2019-02-07 - Progress- Future - Tony Finch
I have spent the last week working on DNSSEC key rollover automation in BIND. Or rather, I have been doing some cleanup and prep work. With reference to the work I listed in the previous article...
Done
Stop BIND from generating SHA-1 DS and CDS records by default, per RFC 8624
Teach
dnssec-checkds
about CDS and CDNSKEY
Started
- Teach
superglue
to use CDS/CDNSKEY records, with similar logic todnssec-checkds
The "similar logic" is implemented in dnssec-dsfromkey
, so I don't
actually have to write the code more than once. I hope this will also
be useful for other people writing similar tools!
Some of my small cleanup patches have been merged into BIND. We are currently near the end of the 9.13 development cycle, so this work is going to remain out of tree for a while until after the 9.14 stable branch is created and the 9.15 development cycle starts.
Next
So now I need to get to grips with dnssec-coverage
and dnssec-keymgr
.
Simple safety interlocks
The purpose of the dnssec-checkds
improvements is so that it can be
used as a safety check.
During a KSK rollover, there are one or two points when the DS records in the parent need to be updated. The rollover must not continue until this update has been confirmed, or the delegation can be broken.
I am using CDS and CDNSKEY records as the signal from the key
management and zone signing machinery for when DS records need to
change. (There's a shell-style API in dnssec-dsfromkey -p
, but that
is implemented by just reading these sync records, not by looking into
the guts of the key management data.) I am going to call them "sync
records" so I don't have to keep writing "CDS/CDNSKEY"; "sync" is also
the keyword used by dnssec-settime
for controlling these records.
Key timing in BIND
The dnssec-keygen
and dnssec-settime
commands (which are used by
dnssec-keymgr
) schedule when changes to a key will happen.
There are parameters related to adding a key: when it is published in the zone, when it becomes actively used for signing, etc. And there are parameters related to removing a key: when it becomes inactive for signing, when it is deleted from the zone.
There are also timing parameters for publishing and deleting sync records. These sync times are the only timing parameters that say when we must update the delegation.
What can break?
The point of the safety interlock is to prevent any breaking key changes from being scheduled until after a delegation change has been confirmed. So what key timing events need to be forbidden from being scheduled after a sync timing event?
Events related to removing a key are particularly dangerous. There are some cases where it is OK to remove a key prematurely, if the DS record change is also about removing that key, and there is another working key and DS record throughout. But it seems simpler and safer to forbid all removal-related events from being scheduled after a sync event.
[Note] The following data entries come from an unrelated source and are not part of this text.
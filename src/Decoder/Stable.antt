-- ===== src/Decoder/Stable.antt =====
-- What src/leshper/decode.cpp has decoded does not depend on the bytes that follow.
use lesh.Base.{
  ℕ, suc, ◌≡◌, ◌≢◌, ◌≤◌, ◌<◌, inl, inr, refl, ap, true, false, ◌&&◌, [], ◌∷◌, ◌++◌, Bytes, drop,
  length, leb, ◌==◌, Bool-cases, arith, length-drop, take-append_le, drop-append_le,
}
use lesh.Utf8.{scan_scalar, escape_byte}
use lesh.Utf8.Scan.{scan_scalar-append}
use lesh.Decoder.Keys.{KeyModifiers, plain}
use lesh.Decoder.{emit_text, run_length, consume_csi, consume_ss3, consume_escape, consume_one}

emit_text-append :
    (text more : Bytes) (modifiers : KeyModifiers) (payload : Bytes)
    → (emit_text text modifiers payload).taken ≢ 0
    → emit_text (text ++ more) modifiers payload ≡ emit_text text modifiers payload
unfolding emit_text
emit_text-append text more modifiers payload h = elim (Bool-cases (scan_scalar text).incomplete) [
  | inl i ↦ absurd (h (rw i refl))
  | inr i ↦ rw (scan_scalar-append text more i) refl
]

run_length-le : (low high : ℕ) (text : Bytes) → run_length low high text ≤ length text
unfolding run_length
run_length-le low high [] = omega arith
run_length-le low high (c ∷ text) = ground (arith, run_length-le low high text)

-- A run that ends before the text does ends there.
run_length-append :
    (low high : ℕ) (text more : Bytes)
    → run_length low high text < length text
    → run_length low high (text ++ more) ≡ run_length low high text
unfolding run_length
run_length-append low high [] more h = elim h [ ]
run_length-append low high (c ∷ text) more h = elim (Bool-cases (leb low c && leb c high)) [
  | inl e ↦
      let h' : suc (run_length low high text) < suc (length text) = (rw e at h) in
      rw e (ap suc (run_length-append low high text more (omega (arith, h'))))
  | inr e ↦ rw e refl
]

consume_csi-append :
    (body more payload : Bytes)
    → (consume_csi body payload).taken ≢ 0
    → consume_csi (body ++ more) payload ≡ consume_csi body payload
unfolding consume_csi
consume_csi-append body more payload h =
    let p = run_length 48 63 body in
    let i = run_length 32 47 (drop p body) in go (drop i (drop p body)) refl
  where
    go :
        (tail : Bytes)
        → drop
            (run_length 32 47 (drop (run_length 48 63 body) body))
            (drop (run_length 48 63 body) body)
          ≡ tail
        → consume_csi (body ++ more) payload ≡ consume_csi body payload
    go [] e = absurd (h (rw e refl))
    go (c ∷ tail) e =
        let p = run_length 48 63 body in
        let i = run_length 32 47 (drop p body) in
        let l = length-drop i (drop p body) in
        let l' = length-drop p body in
        let s : length (drop i (drop p body)) ≡ suc (length tail) = rw e refl in
        let lt : p < length body = omega (arith, l, l', s) in
        let lt' : i < length (drop p body) = omega (arith, l, l', s) in
        rw
          (
            run_length-append 48 63 body more lt,
            drop-append_le p body more (omega (arith, lt)),
            take-append_le p body more (omega (arith, lt)),
            run_length-append 32 47 (drop p body) more lt',
            drop-append_le i (drop p body) more (omega (arith, lt')),
            e,
          )
          refl

consume_ss3-append :
    (body more payload : Bytes)
    → (consume_ss3 body payload).taken ≢ 0
    → consume_ss3 (body ++ more) payload ≡ consume_ss3 body payload
unfolding consume_ss3
consume_ss3-append [] more payload h = absurd (h refl)
consume_ss3-append (c ∷ body) more payload h = refl

consume_escape-append :
    (body more payload : Bytes)
    → (consume_escape body payload).taken ≢ 0
    → consume_escape (body ++ more) payload ≡ consume_escape body payload
unfolding consume_escape
consume_escape-append [] more payload h = absurd (h refl)
consume_escape-append (c ∷ body) more payload h = elim (Bool-cases (c == 91)) [
  | inl e ↦ rw e (consume_csi-append body more payload (rw e at h))
  | inr e ↦ elim (Bool-cases (c == 79)) [
    | inl e' ↦ rw (e, e') (consume_ss3-append body more payload (rw (e, e') at h))
    | inr e' ↦ elim (Bool-cases (c == escape_byte)) [
      | inl e'' ↦ rw (e, e', e'') refl
      | inr e'' ↦
          let t =
            emit_text-append (c ∷ body) more (record { shift = false; alt = true; ctrl = false })
              payload (λ z. (rw (e, e', e'', z) at h) refl) in
          rw (e, e', e'', t) refl
    ]
  ]
]

-- What `consume_one` takes and pushes, where it takes anything, stays when more bytes follow: a read
-- that ends anywhere cannot change what the bytes before it mean.
pub consume_one-append :
    (rest more payload : Bytes)
    → (consume_one rest payload).taken ≢ 0
    → consume_one (rest ++ more) payload ≡ consume_one rest payload
unfolding consume_one
consume_one-append [] more payload h = absurd (h refl)
consume_one-append (c ∷ rest) more payload h = elim (Bool-cases (c == escape_byte)) [
  | inl e ↦ rw e (consume_escape-append rest more payload (rw e at h))
  | inr e ↦ rw e (emit_text-append (c ∷ rest) more plain payload (rw e at h))
]
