-- ===== src/Decoder/Waits.antt =====
-- How long src/leshper/decode.cpp waits for the bytes behind an escape.
use lesh.Base.{
  ℕ, zero, suc, ◌+◌, ◌≡◌, ◌≤◌, ◌<◌, inl, inr, refl, Bool, true, false, not, ◌||◌, none, some, List,
  [], ◌∷◌, ◌++◌, Bytes, drop, length, ◌==◌, Bool-cases, arith, length-drop, length-append,
  append-nil, append_assoc, sym, ◌∙◌, ap,
}
use lesh.Utf8.{escape_codepoint}
use lesh.Decoder.Keys.{plain, Event, key_of}
use lesh.Decoder.{
  consume, drain_loop, InputDecoder, drain, arm, feed, expire, starts_with_escape, is_due, or_else,
}

-- Bytes and when they are fed, one after the other.
unfoldable pub feed_all : InputDecoder → List (Bytes × ℕ) → InputDecoder
feed_all d [] = d
feed_all d ((bytes, now) ∷ later) = feed_all (feed d bytes now).0 later

unfoldable pub bytes_of : List (Bytes × ℕ) → Bytes
bytes_of [] = []
bytes_of ((bytes, now) ∷ later) = bytes ++ bytes_of later

-- The loop of `drain` holds no more than it was given, and where it holds as much it did nothing.
drain_loop-length :
    (f : ℕ) (pasting : Bool) (payload rest : Bytes)
    → let after = drain_loop f pasting payload rest in
      (length after.held ≤ length rest)
      × (length after.held ≡ length rest → (after.held ≡ rest) × (after.pasting ≡ pasting))
unfolding drain_loop
drain_loop-length zero pasting payload rest = (omega arith, λ _. (refl, refl))
drain_loop-length (suc f) pasting payload [] = (omega arith, λ _. (refl, refl))
drain_loop-length (suc f) pasting payload (c ∷ rest) =
    let one = consume pasting (c ∷ rest) payload in
    elim (Bool-cases (one.taken == 0)) [
      | inl e ↦ rw e (omega arith, λ _. (refl, refl))
      | inr e ↦
          let (l, _) = drain_loop-length f one.pasting one.payload (drop one.taken (c ∷ rest)) in
          let shorter = length-drop one.taken (c ∷ rest) in
          rw e (ground (arith, l, shorter), λ h. ground (arith, l, shorter, h))
    ]

arm-keeps :
    (d : InputDecoder) (now : ℕ) → ((arm d now).held ≡ d.held) × ((arm d now).pasting ≡ d.pasting)
unfolding arm
arm-keeps d now = elim (Bool-cases (d.pasting || not (starts_with_escape d.held))) [
  | inl e ↦ rw e (refl, refl)
  | inr e ↦ rw e (refl, refl)
]

-- The same of `feed`.
feed-length :
    (d : InputDecoder) (bytes : Bytes) (now : ℕ)
    → let d' = (feed d bytes now).0 in
      (length d'.held ≤ length d.held + length bytes)
      × (length d'.held ≡ length d.held + length bytes
          → (d'.held ≡ d.held ++ bytes) × (d'.pasting ≡ d.pasting))
unfolding feed drain
feed-length d bytes now =
    let all = d.held ++ bytes in
    let after = drain_loop (length all) d.pasting d.payload all in
    let (l, same_held) = drain_loop-length (length all) d.pasting d.payload all in
    let (h, p) =
      arm-keeps (record d { held = after.held; payload = after.payload; pasting = after.pasting })
        now in
    let size = length-append d.held bytes in
    rw (h, p) (omega (arith, l, size), λ e. same_held (omega (arith, e, size)))

starts-append :
    (held more : Bytes) → starts_with_escape held ≡ true → starts_with_escape (held ++ more) ≡ true
starts-append [] more h = absurd (ground (arith, h))
starts-append (c ∷ held) more h = h

arm-deadline :
    (d : InputDecoder) (now : ℕ)
    → starts_with_escape (arm d now).held ≡ true
    → (arm d now).pasting ≡ false
    → (arm d now).deadline ≡ some (or_else d.deadline (now + d.escape_timeout))
unfolding arm
arm-deadline d now h p =
    let (held, pasting) = arm-keeps d now in
    let h' : starts_with_escape d.held ≡ true = (rw held at h) in
    let p' : d.pasting ≡ false = (rw pasting at p) in rw (p', h') refl

-- An escape held outside a paste is given a deadline, or keeps the one that stands.
feed-deadline :
    (d : InputDecoder) (bytes : Bytes) (now : ℕ)
    → let d' = (feed d bytes now).0 in
      starts_with_escape d'.held ≡ true
      → d'.pasting ≡ false
      → d'.deadline ≡ some (or_else d.deadline (now + d.escape_timeout))
unfolding feed drain
feed-deadline d bytes now = arm-deadline (drain (record d { held = d.held ++ bytes })).0 now

feed_all-length :
    (d : InputDecoder) (later : List (Bytes × ℕ))
    → length (feed_all d later).held ≤ length d.held + length (bytes_of later)
unfolding feed_all bytes_of
feed_all-length d [] = omega arith
feed_all-length d ((bytes, now) ∷ later) =
    let (l, _) = feed-length d bytes now in
    omega
      (arith, l, feed_all-length (feed d bytes now).0 later, length-append bytes (bytes_of later))

-- While nothing completes what is held, its deadline stays where it is.
feed_all-deadline :
    (d : InputDecoder) (later : List (Bytes × ℕ)) (deadline : ℕ)
    → starts_with_escape d.held ≡ true
    → d.pasting ≡ false
    → d.deadline ≡ some deadline
    → length (feed_all d later).held ≡ length d.held + length (bytes_of later)
    → let d' = feed_all d later in
      (d'.held ≡ d.held ++ bytes_of later) × (d'.pasting ≡ false) × (d'.deadline ≡ some deadline)
unfolding feed_all bytes_of
feed_all-deadline d [] deadline h p t e = (sym (append-nil d.held), p, t)
feed_all-deadline d ((bytes, now) ∷ later) deadline h p t e =
    let d' = (feed d bytes now).0 in
    let (l, nothing) = feed-length d bytes now in
    let rest = feed_all-length d' later in
    let size = length-append bytes (bytes_of later) in
    let (held, pasting) = nothing (omega (arith, l, rest, size, e)) in
    let h' : starts_with_escape d'.held ≡ true = rw held (starts-append d.held bytes h) in
    let p' : d'.pasting ≡ false = pasting ∙ p in
    let t' : d'.deadline ≡ some deadline =
      feed-deadline d bytes now h' p' ∙ ap (λ was. some (or_else was (now + d.escape_timeout))) t in
    let (all, p'', t'') =
      feed_all-deadline d' later deadline h' p' t'
        (omega (arith, l, rest, size, e, length-append d.held bytes, ap length held)) in
    (
      all ∙ ap (λ front. front ++ bytes_of later) held ∙ append_assoc d.held bytes (bytes_of later),
      p'',
      t'',
    )

expire-due :
    (d : InputDecoder) (deadline now : ℕ)
    → starts_with_escape d.held ≡ true
    → d.deadline ≡ some deadline
    → let alone = feed (record d { deadline = none; held = [] }) (drop 1 d.held) now in
      (now < deadline → expire d now ≡ (d, []))
      × (deadline ≤ now → expire d now ≡ (alone.0, key_of escape_codepoint plain ∷ alone.1))
unfolding expire feed
expire-due d deadline now h t = (
  (λ early. let due : is_due d.deadline now ≡ false = rw t (ground arith) in rw due refl),
  λ late. let due : is_due d.deadline now ≡ true = rw t (ground arith) in rw (due, h) refl,
)

-- An escape that a `feed` holds outside a paste, where no deadline stood, is waited for from that
-- `feed` on: while all that is fed behind it is held, whenever that comes, `expire` does nothing
-- before the timeout since the first `feed` is over, and from then on pushes the escape key and
-- decodes the rest as newly fed.
pub expire-feed_all :
    (d : InputDecoder) (bytes : Bytes) (started now : ℕ) (later : List (Bytes × ℕ))
    → d.deadline ≡ none
    → starts_with_escape (feed d bytes started).0.held ≡ true
    → (feed d bytes started).0.pasting ≡ false
    → length (feed_all (feed d bytes started).0 later).held
      ≡ length (feed d bytes started).0.held + length (bytes_of later)
    → let held = (feed d bytes started).0.held ++ bytes_of later in
      let waits = feed_all (feed d bytes started).0 later in
      let alone = feed (record waits { deadline = none; held = [] }) (drop 1 held) now in
      (waits.held ≡ held)
      × (waits.deadline ≡ some (started + d.escape_timeout))
      × (now < started + d.escape_timeout → expire waits now ≡ (waits, []))
      × (started + d.escape_timeout ≤ now
          → expire waits now ≡ (alone.0, key_of escape_codepoint plain ∷ alone.1))
expire-feed_all d bytes started now later none_yet h p e =
    let d' = (feed d bytes started).0 in
    let t : d'.deadline ≡ some (started + d.escape_timeout) =
      feed-deadline d bytes started h p
      ∙ ap (λ was. some (or_else was (started + d.escape_timeout))) none_yet in
    let (held, pasting, deadline) =
      feed_all-deadline d' later (started + d.escape_timeout) h p t e in
    let first : starts_with_escape (feed_all d' later).held ≡ true =
      rw held (starts-append d'.held (bytes_of later) h) in
    let (early, late) =
      expire-due (feed_all d' later) (started + d.escape_timeout) now first deadline in
    (held, deadline, early, λ l. late l ∙ ap alone held)
  where
    alone : Bytes → InputDecoder × List Event
    alone text =
        let waits = feed_all (feed d bytes started).0 later in
        let (d', pushed) = feed (record waits { deadline = none; held = [] }) (drop 1 text) now in
        (d', key_of escape_codepoint plain ∷ pushed)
However, events related to adding a key can also lead to nonsense. If we blindly schedule creation of new keys in advance, without verifying that they are also being properly removed, then the zone can accumulate a ridiculous number of DNSKEY records. This has been observed in the wild surprisingly frequently.
A simple rule
There must be no KSK changes of any kind scheduled after the next sync event.
This rule applies regardless of the flavour of rollover (double DS, double KSK, algorithm rollover, etc.)
Applying this rule to BIND
Whereas for ZSKs, dnssec-coverage
ensures rollovers are planned for
some fixed period into the future, for KSKs, it must check correctness
up to the next sync event, then ensure nothing will occur after that point.
In dnssec-keymgr
, the logic should be:
If the current time is before the next sync event, ensure there is key coverage until that time and no further.
If the current time is after all KSK events, use
dnssec-checkds
to verify the delegation is in sync.If
dnssec-checkds
reports an inconsistency and we are within some sync interval dictated by the rollover policy, do nothing while we wait for the delegation update automation to work.If
dnssec-checkds
reports an inconsistency and the sync interval has passed, report an error because operator intervention is required to fix the failed automation.If
dnssec-checkds
reports everything is in sync, schedule keys up to the next sync event. The timing needs to be relative to this point in time, since any delegation update delays can make it unsafe to schedule relative to the last sync event.
Caveat
At the moment I am still not familiar with the internals of
dnssec-coverage
and dnssec-keymgr
so there's a risk that I might
have to re-think these plans. But I expect this simple safety rule
will be a solid anchor that can be applied to most DNSSEC key
management scenarios. (However I have not thought hard enough about
recovery from breakage or compromise.)